Getting Started with CUDA Graphs

Originally published at:

The performance of GPU architectures continue to increase with every new generation. Modern GPUs are so fast that, in many cases of interest, the time taken by each GPU operation (e.g. kernel or memory copy) is now measured in microseconds. However, there are overheads associated with the submission of each operation to the GPU –…

Hi Alan,

Interesting post. I tried using the manual mode with some applications, and noticed the graph also can explore concurrent streams for the kernel nodes automatically. This is an interesting feature that applies beyond short runtime kernels, since I don't need the partitioning work anymore. I am wondering what other optimizations I can expect from such a graph implementation?

That’s a very good point. To achieve optimal performance for an application, you need to expose the parallelism inherent to that application as fully as possible. When using the manual method to create a CUDA graph, you do this by explicitly specifying dependencies, and the graph will be built with as many parallel branches as possible given these dependencies. When capturing a graph from CUDA streams, the parallelism will be the same as that of your original stream based code. So if your stream-based code was already fully exposing the available parallelism, the graph would be exactly the same and there would be no benefit from building it manually. But in many cases, the manual approach may end up exposing extra available parallelism (as you found), possibly at the expense of more effort and code disruption (depending on the application). The best approach should be decided on a case by case basis, given the costs and benefits for that specific case.

What if I need to modify the kernel's parameter first before calling another kernel? What if I need to call cudaDeviceSynchronize before executing another child graph?

Hi Alan, I can't see the benefit in your example, and as I´ve understood the CUDAGraph purpose is to implement a "circuit" of kernels as an alternative of dynamic parallel processing. In the source of simpleCUDAGraphs sample it is much more clarify, but still I have not found a sufficiently instructive example. Could you please post a simple example of how to implement a Graph with different kernels and having graphs as nodes aswell as kernells? Thanks.

Hi Alan, is graph executor thread-safe? Can I have a centralized executor with multiple threads to submit graphs at the same time? I know graph is not thread-safe.
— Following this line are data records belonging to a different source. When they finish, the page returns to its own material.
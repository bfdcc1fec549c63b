-- ===== src/Update/Programs/Lookups.antt =====
-- The parts of /updateDB that write other tables: the pseudo queues, and the lookups of getQmonSrs.
use kueued.Prelude.{
  Text, lit, ◌==◌, ℕ, List, [], ◌∷◌, value, Bool, Option, none, some, ◌≡◌, refl, ap, inr,
}
use kueued.Items.{SiebelItem, BomgarItem}
use kueued.Sql.{Env, Mysql}
use kueued.Sql.Rows.{SrRow, CustomerRow, ChatRow}
use kueued.Database.Lookups.{
  get_sr_for_cr_mysql, get_sr_for_cr_report, update_pseudo_queues, insert_pseudo_queues,
}
use kueued.Database.Frame.{report-Agree}
use kueued.Update.Programs.{Prog, done, write}
use kueued.Update.Programs.Rely.{Safe, Gives}
use kueued.Update.Programs.Loops.{if_Safe, if_Gives}
use kueued.Update.Programs.Request.{
  no_texts, reported, unless_fault, lookup, lookups, bomgars, unity, update_program,
}

module _ {S : Type 0 → Type 0} where
  -- The tables of SRs and chats.
  abbrev pub main_tables : Mysql S → S SrRow × S CustomerRow × S ChatRow
  main_tables m = (m.siebel, m.customer, m.chat)

  -- A condition on those tables alone.
  abbrev pub ReadsMain : (Mysql S → Type 0) → Type 0
  ReadsMain P = (m n : Mysql S) → main_tables m ≡ main_tables n → P m → P n

module _ {D : Type 0} {S : Type 0 → Type 0} (env : Env D S) where
  pub main_tables-reported :
      (cr : Text) (m : Mysql S)
      → main_tables m ≡ main_tables (reported env m (get_sr_for_cr_report env cr m))
  unfolding reported
  main_tables-reported cr m = go (get_sr_for_cr_report env cr m) refl
    where
      go :
          (o : Option (List Text × Mysql S))
          → get_sr_for_cr_report env cr m ≡ o
          → main_tables m ≡ main_tables (reported env m o)
      go none e = refl
      go (some (l, n)) e = ap main_tables (report-Agree env cr m n l e)

  main_tables-insert_pseudo_queues :
      (rows : List (List Text)) (m : Mysql S)
      → main_tables m ≡ main_tables (insert_pseudo_queues env rows m)
  unfolding insert_pseudo_queues
  main_tables-insert_pseudo_queues [] m = refl
  main_tables-insert_pseudo_queues (row ∷ rows) m = main_tables-insert_pseudo_queues rows _

  pub main_tables-update_pseudo_queues :
      (m : Mysql S) → main_tables m ≡ main_tables (update_pseudo_queues env m)
  unfolding update_pseudo_queues
  main_tables-update_pseudo_queues m = main_tables-insert_pseudo_queues env.remote.pseudo_queues m

  module _ (P : Mysql S → Type 0) where
    unless_fault-Safe :
        (o : Option (List Text × Mysql S)) (rest : Prog (Mysql S))
        → Safe P rest
        → Safe P (unless_fault env o rest)
    unfolding unless_fault
    unless_fault-Safe none rest s = tt
    unless_fault-Safe (some answer) rest s = s

    unless_fault-Gives :
        (o : Option (List Text × Mysql S)) (rest : Prog (Mysql S))
        → Gives P rest
        → Gives P (unless_fault env o rest)
    unfolding unless_fault
    unless_fault-Gives none rest g = tt
    unless_fault-Gives (some answer) rest g = g

    pub lookups-Safe :
        ((cr : Text) (m : Mysql S) → P m → P (reported env m (get_sr_for_cr_report env cr m)))
        → (rows : List (List Text)) (rest : Prog (Mysql S)) → Safe P rest
        → Safe P (lookups env rows rest)
    unfolding lookups lookup
    lookups-Safe keeps [] rest s = s
    lookups-Safe keeps (row ∷ rows) rest s =
        let later = lookups-Safe keeps rows rest s in
        if_Safe P (value 16 row == lit "Collaboration")
          (lookup env (value 0 row) (lookups env rows rest)) (lookups env rows rest)
          (λ e m. (
            λ h. h,
            if_Safe P (no_texts (get_sr_for_cr_mysql env (value 0 row) m)) _ _
                (λ f n. (
                  keeps (value 0 row) n,
                  unless_fault-Safe (get_sr_for_cr_report env (value 0 row) n) _ later,
                ))
                (λ f. later),
          ))
          (λ e. later)

    pub lookups-Gives_later :
        (rows : List (List Text)) (rest : Prog (Mysql S))
        → Gives P rest
        → Gives P (lookups env rows rest)
    unfolding lookups lookup
    lookups-Gives_later [] rest g = g
    lookups-Gives_later (row ∷ rows) rest g =
        let later = lookups-Gives_later rows rest g in
        if_Gives P (value 16 row == lit "Collaboration")
          (lookup env (value 0 row) (lookups env rows rest)) (lookups env rows rest)
          (λ e m. inr (
            if_Gives P (no_texts (get_sr_for_cr_mysql env (value 0 row) m)) _ _
              (λ f n. inr (unless_fault-Gives (get_sr_for_cr_report env (value 0 row) n) _ later))
              (λ f. later)))
          (λ e. later)

    -- The whole request, for the program of its two parts.
    abbrev pub parts : (ℕ → Text) → List BomgarItem → List SiebelItem → Prog (Mysql S)
    parts clock chats list =
        bomgars env chats (lookups env env.remote.open_srs (unity env clock list done))

    pub update_program-Safe :
        ((m : Mysql S) → P m → P (update_pseudo_queues env m))
        → (clock : ℕ → Text) (full : Bool) (chats : List BomgarItem) (list : List SiebelItem)
        → Safe P (parts clock chats list)
        → Safe P (update_program env clock full chats list)
    unfolding update_program
    update_program-Safe keeps clock full chats list s =
        if_Safe P full (write (update_pseudo_queues env) (parts clock chats list))
          (parts clock chats list) (λ e m. (keeps m, s)) (λ e. s)

    pub update_program-Gives :
        (clock : ℕ → Text) (full : Bool) (chats : List BomgarItem) (list : List SiebelItem)
        → Gives P (parts clock chats list)
        → Gives P (update_program env clock full chats list)
    unfolding update_program
    update_program-Gives clock full chats list g =
        if_Gives P full (write (update_pseudo_queues env) (parts clock chats list))
          (parts clock chats list) (λ e m. inr g) (λ e. g)

    -- For a condition on the tables of SRs and chats, the two loops are enough.
    pub update_program-SafeMain :
        ReadsMain P
        → (clock : ℕ → Text) (full : Bool) (chats : List BomgarItem) (list : List SiebelItem)
        → ((rest : Prog (Mysql S)) → Safe P rest → Safe P (bomgars env chats rest))
        → Safe P (unity env clock list done)
        → Safe P (update_program env clock full chats list)
    update_program-SafeMain main clock full chats list first second =
        update_program-Safe (λ m. main m _ (main_tables-update_pseudo_queues m)) clock full chats
          list
          (first _ (
            lookups-Safe (λ cr m. main m _ (main_tables-reported cr m)) env.remote.open_srs _
              second))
Can the CUDA stream record and capture build a graph that includes an Optix 7 optixLaunch() call? Optix 7 is CUDA compatible, but launches its own kernels, in a user selected stream.

Pat, just wanted to let you know that we're working on an answer. We'll get back to you soon.

In general, there is scope to apply CUDA graphs to any CUDA compatible API, but doing so relies on the internal functionality of that API only performing activities that are supported by graphs. We are not aware of anyone else having tried this combination so far, so we had to investigate. Unfortunately it looks like OptiX is not currently capturable into a graph. When OptiX launches work, it adds incoming/outgoing events around the work items which are not yet supported by graphs, and this type of “eager” resource assignment needs some rework to be made fully asynchronous. But this question has highlighted to us that we need to bring the different teams together to make this happen. So many thanks for bringing up this issue, and we hope to support interoperability between graphs and Optix in a future release.

Is it possible to run the same graph in multiple devices? Will child graphs nodes always run in the same stream?